Prevention of acute graft-vs-host disease by a single low-dose cyclophosphamide injection following allogeneic bone marrow transplantation.

作者信息

Prigozhina Tatyana B, Elkin Gregory, Khitrin Sofia, Slavin Shimon

机构信息

Department of Bone Marrow Transplantation, Hadassah University Hospital, Jerusalem, Israel.

出版信息

Exp Hematol. 2008 Dec;36(12):1750-9. doi: 10.1016/j.exphem.2008.07.002. Epub 2008 Sep 21.

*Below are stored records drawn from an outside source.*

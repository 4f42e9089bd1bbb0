-- ===== src/Objects/Folders/Prefixes.antt =====
-- src/db/repository.rs: which objects are in a folder.
use my_s.Common.{
  Bool, List, Text, [], any, arith, false, nat_beq, order_by, refl, select, starts_with, sum,
  update, ℕ, ◌&&◌, ◌∷◌, ◌≡◌,
}
use my_s.Database.{Db}
use my_s.Models.{ObjectRecord}
use my_s.Objects.Bin.{to_bin}
use my_s.Objects.Folders.{folder_stats, list_keys_under_prefix, soft_delete_prefix, under_prefix}
use my_s.Objects.Rows.{is_active}
use my_s.Sql.Like.Escape.{like-like_escape, lower}

update-cong :
    (p q : ObjectRecord → Bool) (f : ObjectRecord → ObjectRecord) (l : List ObjectRecord)
    → ((o : ObjectRecord) → p o ≡ q o)
    → update p f l ≡ update q f l
unfolding update
update-cong p q f [] h = refl
update-cong p q f (x ∷ l) h = ground (arith, h x, update-cong p q f l h)

-- The active objects of a bucket whose key begins with a prefix, up to ASCII case.
abbrev pub in_folder : ℕ → Text → ObjectRecord → Bool
in_folder b prefix o =
    is_active o && (nat_beq o.bucket_id b && starts_with (lower prefix) (lower o.original_filename))

under_prefix-in_folder :
    (b : ℕ) (prefix : Text) (o : ObjectRecord) → under_prefix b prefix o ≡ in_folder b prefix o
under_prefix-in_folder b prefix o = ground (arith, like-like_escape prefix o.original_filename)

-- `soft_delete_prefix` moves to the recycle bin the active objects of the bucket whose key begins
-- with the prefix up to ASCII case, `%`, `_` and `\\` in the prefix standing for themselves, and
-- leaves every other row as it was.
pub soft_delete_prefix-objects :
    (now b : ℕ) (prefix : Text) (db : Db)
    → (soft_delete_prefix now b prefix db).1.objects
      ≡ update (in_folder b prefix) (to_bin now) db.objects
unfolding soft_delete_prefix
soft_delete_prefix-objects now b prefix db =
    update-cong (under_prefix b prefix) (in_folder b prefix) (to_bin now) db.objects
      (under_prefix-in_folder b prefix)

any-emptied :
    (now b : ℕ) (prefix : Text) (l : List ObjectRecord)
    → any (under_prefix b prefix) (update (under_prefix b prefix) (to_bin now) l) ≡ false
unfolding any update
any-emptied now b prefix [] = refl
any-emptied now b prefix (x ∷ l) = ground (arith, any-emptied now b prefix l)

select-any-false :
    (p : ObjectRecord → Bool) (l : List ObjectRecord) → any p l ≡ false → select p l ≡ []
unfolding any select
select-any-false p [] h = refl
select-any-false p (x ∷ l) h = ground (arith, select-any-false p l)

-- After `soft_delete_prefix` no key is listed under the prefix, and its statistics count nothing.
soft_delete_prefix-emptied :
    (now b : ℕ) (prefix : Text) (db : Db)
    → (let db' = (soft_delete_prefix now b prefix db).1 in
        (list_keys_under_prefix b prefix db' ≡ [])
        × ((folder_stats b prefix db').object_count ≡ 0)
        × ((folder_stats b prefix db').total_bytes ≡ 0))
unfolding soft_delete_prefix list_keys_under_prefix folder_stats order_by sum
soft_delete_prefix-emptied now b prefix db = ground (
  arith,
  any-emptied now b prefix db.objects,
  select-any-false (under_prefix b prefix) (update (under_prefix b prefix) (to_bin now) db.objects),
)
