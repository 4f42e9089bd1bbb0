-- ===== src/Objects/Folders/Renames.antt =====
-- src/db/repository.rs: renaming a folder keeps the constraints, and fails as a whole.
use my_s.Common.{
  Bool, Bool-cases, List, Option-cases, Text, [], any, arith, false, first, first-holds, inl, inr,
  nat_beq, none, not, refl, some, update, ℕ, ◌&&◌, ◌∷◌, ◌≡◌,
}
use my_s.Database.{Db, Result-cases, transaction}
use my_s.Models.{ObjectRecord}
use my_s.Objects.Folders.{
  apply_renames, commit_renames, list_keys_under_prefix, plan_renames, rename_prefix, rename_row,
  set_key,
}
use my_s.Objects.Rows.{has_active_key, has_object_id, is_active}
use my_s.Objects.Rows.Unique.{BelowNext, IsValid, UniqueRows, clashes, text_beq_sym}

abbrev is_target : ℕ → ObjectRecord → Bool
is_target id o = has_object_id id o && is_active o

untouched_targets :
    (f : ObjectRecord → ObjectRecord) (x : ObjectRecord) (l : List ObjectRecord)
    → any (clashes x) l ≡ false
    → update (is_target x.id) f l ≡ l
unfolding any update
untouched_targets f x [] h = refl
untouched_targets f x (y ∷ l) h = ground (arith, untouched_targets f x l)

any-clashes-rename :
    (now : ℕ) (k : Text) (r x : ObjectRecord) (l : List ObjectRecord)
    → any (clashes x) l ≡ false
    → UniqueRows l
    → first (is_target r.id) l ≡ some r
    → (has_active_key r.bucket_id k x && not (nat_beq x.id r.id)) ≡ false
    → any (clashes x) (update (is_target r.id) (rename_row now k) l) ≡ false
unfolding any update first UniqueRows
any-clashes-rename now k r x [] h u f c = refl
any-clashes-rename now k r x (y ∷ l) h u f c = elim (Bool-cases (is_target r.id y)) [
  | inl e ↦
      ground (arith, untouched_targets (rename_row now k) y l, text_beq_sym x.original_filename k)
  | inr e ↦ ground (arith, any-clashes-rename now k r x l)
]

any-rename-clashes :
    (now : ℕ) (k : Text) (r : ObjectRecord) (l : List ObjectRecord)
    → any (clashes r) l ≡ false
    → any (λ (o : ObjectRecord). has_active_key r.bucket_id k o && not (nat_beq o.id r.id)) l
      ≡ false
    → any (clashes (rename_row now k r)) l ≡ false
unfolding any
any-rename-clashes now k r [] h c = refl
any-rename-clashes now k r (y ∷ l) h c = ground (arith, any-rename-clashes now k r l)

UniqueRows-rename :
    (now : ℕ) (k : Text) (r : ObjectRecord) (l : List ObjectRecord)
    → UniqueRows l
    → first (is_target r.id) l ≡ some r
    → any (λ (o : ObjectRecord). has_active_key r.bucket_id k o && not (nat_beq o.id r.id)) l
      ≡ false
    → UniqueRows (update (is_target r.id) (rename_row now k) l)
unfolding any update first UniqueRows
UniqueRows-rename now k r [] u f c = tt
UniqueRows-rename now k r (y ∷ l) u f c = elim (Bool-cases (is_target r.id y)) [
  | inl e ↦ ground (arith, untouched_targets (rename_row now k) y l, any-rename-clashes now k y l)
  | inr e ↦ ground (arith, any-clashes-rename now k r y l, UniqueRows-rename now k r l)
]

no_target :
    (id : ℕ) (f : ObjectRecord → ObjectRecord) (l : List ObjectRecord)
    → first (is_target id) l ≡ none
    → update (is_target id) f l ≡ l
unfolding first update
no_target id f [] h = refl
no_target id f (y ∷ l) h = ground (arith, no_target id f l)

BelowNext-rename :
    (now n : ℕ) (k : Text) (p : ObjectRecord → Bool) (l : List ObjectRecord)
    → BelowNext n l
    → BelowNext n (update p (rename_row now k) l)
unfolding BelowNext update
BelowNext-rename now n k p [] b = tt
BelowNext-rename now n k p (x ∷ l) b = ground (arith, BelowNext-rename now n k p l)

set_key-IsValid : (now id : ℕ) (k : Text) (db : Db) → IsValid db → IsValid (set_key now id k db).1
unfolding IsValid
set_key-IsValid now id k db v = elim (Option-cases (first (is_target id) db.objects)) [
  | inl e ↦ ground (arith, no_target id (rename_row now k) db.objects)
  | inr (r, e) ↦ ground (
    arith,
    first-holds (is_target id) db.objects r,
    UniqueRows-rename now k r db.objects,
    BelowNext-rename now db.next_object k (is_target id) db.objects,
  )
]

apply_renames-IsValid :
    (now : ℕ) (renames : List (ℕ × Text)) (db : Db)
    → IsValid db
    → IsValid (apply_renames now renames db).1
unfolding apply_renames
apply_renames-IsValid now [] db v = v
apply_renames-IsValid now ((id, k) ∷ renames) db v =
    ground (
      arith,
      set_key-IsValid now id k db,
      apply_renames-IsValid now renames (set_key now id k db).1,
    )

-- `rename_prefix` keeps the constraints of the table and the next id new, whether it succeeds or
-- fails.
pub rename_prefix-IsValid :
    (now b : ℕ) (from_prefix to_prefix : Text) (db : Db)
    → IsValid db
    → IsValid (rename_prefix now b from_prefix to_prefix db).1
unfolding rename_prefix commit_renames transaction
rename_prefix-IsValid now b from_prefix to_prefix db v =
    elim (Result-cases
      (plan_renames b from_prefix to_prefix (list_keys_under_prefix b from_prefix db) db)) [
        | inl (renames, e) ↦ ground (arith, apply_renames-IsValid now renames db)
        | inr (e, h) ↦ ground arith
      ]
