-- ===== src/Objects/Paging.antt =====
-- src/db/repository.rs: `page_folder_object_lists`, the window of a listing of folders and then objects.
pub mod Pages
use my_s.Common.{
  Bool, List, Text, [], drop, if◌then◌else◌, leb, length, ltb, map, min, nat_beq, non_positive,
  take, to_nat, ℕ, ℤ, ◌+◌, ◌-◌, ◌^◌,
}
use my_s.Models.{ObjectRecord}
use my_s.Objects.Folders.{FolderEntry}

pub record PrefixListResult : Type 0 where
  pub prefix : Text
  pub delimiter : Text
  pub common_prefixes : List Text
  pub folders : List FolderEntry
  pub objects : List ObjectRecord
  pub total : ℕ
  pub offset : ℕ
  pub limit : ℕ
  pub has_more : Bool

abbrev pub usize_max : ℕ
usize_max = 2 ^ 64 - 1

-- `xs[i..j]`
abbrev pub slice {ℓ} : {A : Type ℓ} → ℕ → ℕ → List A → List A
slice i j xs = take (j - i) (drop i xs)

abbrev pub page_limit : ℤ → ℕ
page_limit limit = if non_positive limit then usize_max else to_nat limit

abbrev pub page_end : ℤ → ℤ → ℕ
page_end offset limit = min (to_nat offset + page_limit limit) usize_max

abbrev pub page_folders : List FolderEntry → ℕ → ℕ → List FolderEntry
page_folders folders offset stop =
    if leb (length folders) offset then [] else slice offset (min stop (length folders)) folders

abbrev pub page_objects : ℕ → List ObjectRecord → ℕ → ℕ → List ObjectRecord
page_objects folder_len objects offset stop =
    if leb stop folder_len
    then []
    else if leb (length objects) (offset - folder_len)
    then []
    else slice (offset - folder_len) (min (stop - folder_len) (length objects)) objects

unfoldable pub page_folder_object_lists :
    List FolderEntry → List ObjectRecord → Text → Text → ℤ → ℤ → PrefixListResult
page_folder_object_lists folders objects prefix delimiter offset limit =
    let start = to_nat offset in
    let total = length folders + length objects in
    let fs = page_folders folders start (page_end offset limit) in
    let os = page_objects (length folders) objects start (page_end offset limit) in
    record {
      prefix = prefix;
      delimiter = delimiter;
      common_prefixes = map (λ (f : FolderEntry). f.prefix) fs;
      folders = fs;
      objects = os;
      total = total;
      offset = start;
      limit = if nat_beq (page_limit limit) usize_max then total else page_limit limit;
      has_more = ltb (start + (length fs + length os)) total;
    }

DOI:10.1016/j.exphem.2008.07.002
PMID:18809241
Abstract

OBJECTIVE

Previously, we documented that conditioning based on donor-specific cell transfusion (DST) and subsequent selective depletion of activated donor-reactive cells by cyclophosphamide (CY) facilitates alloengraftment in a murine transplantation model. Transplantation event represents a strong immunogenic stimulus for host-reactive donor T cells that induce graft-vs-host disease (GVHD). Therefore, in this study, we addressed the question of whether a single posttransplantation CY administration (CY2) can prevent acute GVHD-related mortality without compromising engraftment of allogeneic transplant.

MATERIALS AND METHODS

Splenocyte-enriched C57BL/6 bone marrow was transplanted to BALB/c recipients after mild irradiation, and conditioning with DST and 100 mg/kg CY. Following transplantation, recipients were left untreated or given on a specified day a single CY2 injection (50 mg/kg). All animals were monitored for survival, chimerism, and clinical signs of GVHD. Experimental mice that received BCL1 leukemia cells before transplantation were monitored for leukemia-related mortality as well.

RESULTS

Animals that received no CY2 after transplantation died of acute GVHD. A single low-dose CY2 treatment within the first 5 days after transplantation prevented mortality in most recipients. However, only CY2 administration on days +1 or +5 preserved chimerism. Most chimeras survived GVHD-free for >200 days. Prolonged persistence of host-reactive T cells in mice (CY2 on day +5) permitted a reduction to be made in engraftment-essential irradiation dose and preserved a strong graft-vs-leukemia effect of transplantation.

CONCLUSION

Acute GVHD can be prevented in mice by a single properly timed posttransplantation low-dose CY administration.

摘要

目的

此前,我们记录了基于供体特异性细胞输注(DST)的预处理以及随后用环磷酰胺(CY)选择性清除活化的供体反应性细胞,可促进小鼠移植模型中的异基因移植。移植事件对诱导移植物抗宿主病(GVHD)的宿主反应性供体T细胞而言是一种强烈的免疫原性刺激。因此,在本研究中,我们探讨了移植后单次给予CY(CY2)能否预防急性GVHD相关死亡,同时又不影响异基因移植的植入。

材料与方法

轻度照射后,将富含脾细胞的C57BL/6骨髓移植到BALB/c受体,并进行DST和100mg/kg CY预处理。移植后,受体不进行处理或在指定日期给予单次CY2注射(50mg/kg)。监测所有动物的生存情况、嵌合现象和GVHD的临床体征。对移植前接受BCL1白血病细胞的实验小鼠也监测白血病相关死亡情况。

结果

移植后未接受CY2的动物死于急性GVHD。移植后前5天内单次低剂量CY2治疗可防止大多数受体死亡。然而,仅在第+1天或第+5天给予CY2可维持嵌合现象。大多数嵌合体无GVHD存活超过200天。小鼠体内宿主反应性T细胞的长期存在(第+5天给予CY2)使得可以降低对植入至关重要的照射剂量,并保留移植的强大移植物抗白血病效应。

结论

移植后单次适时给予低剂量CY可预防小鼠急性GVHD。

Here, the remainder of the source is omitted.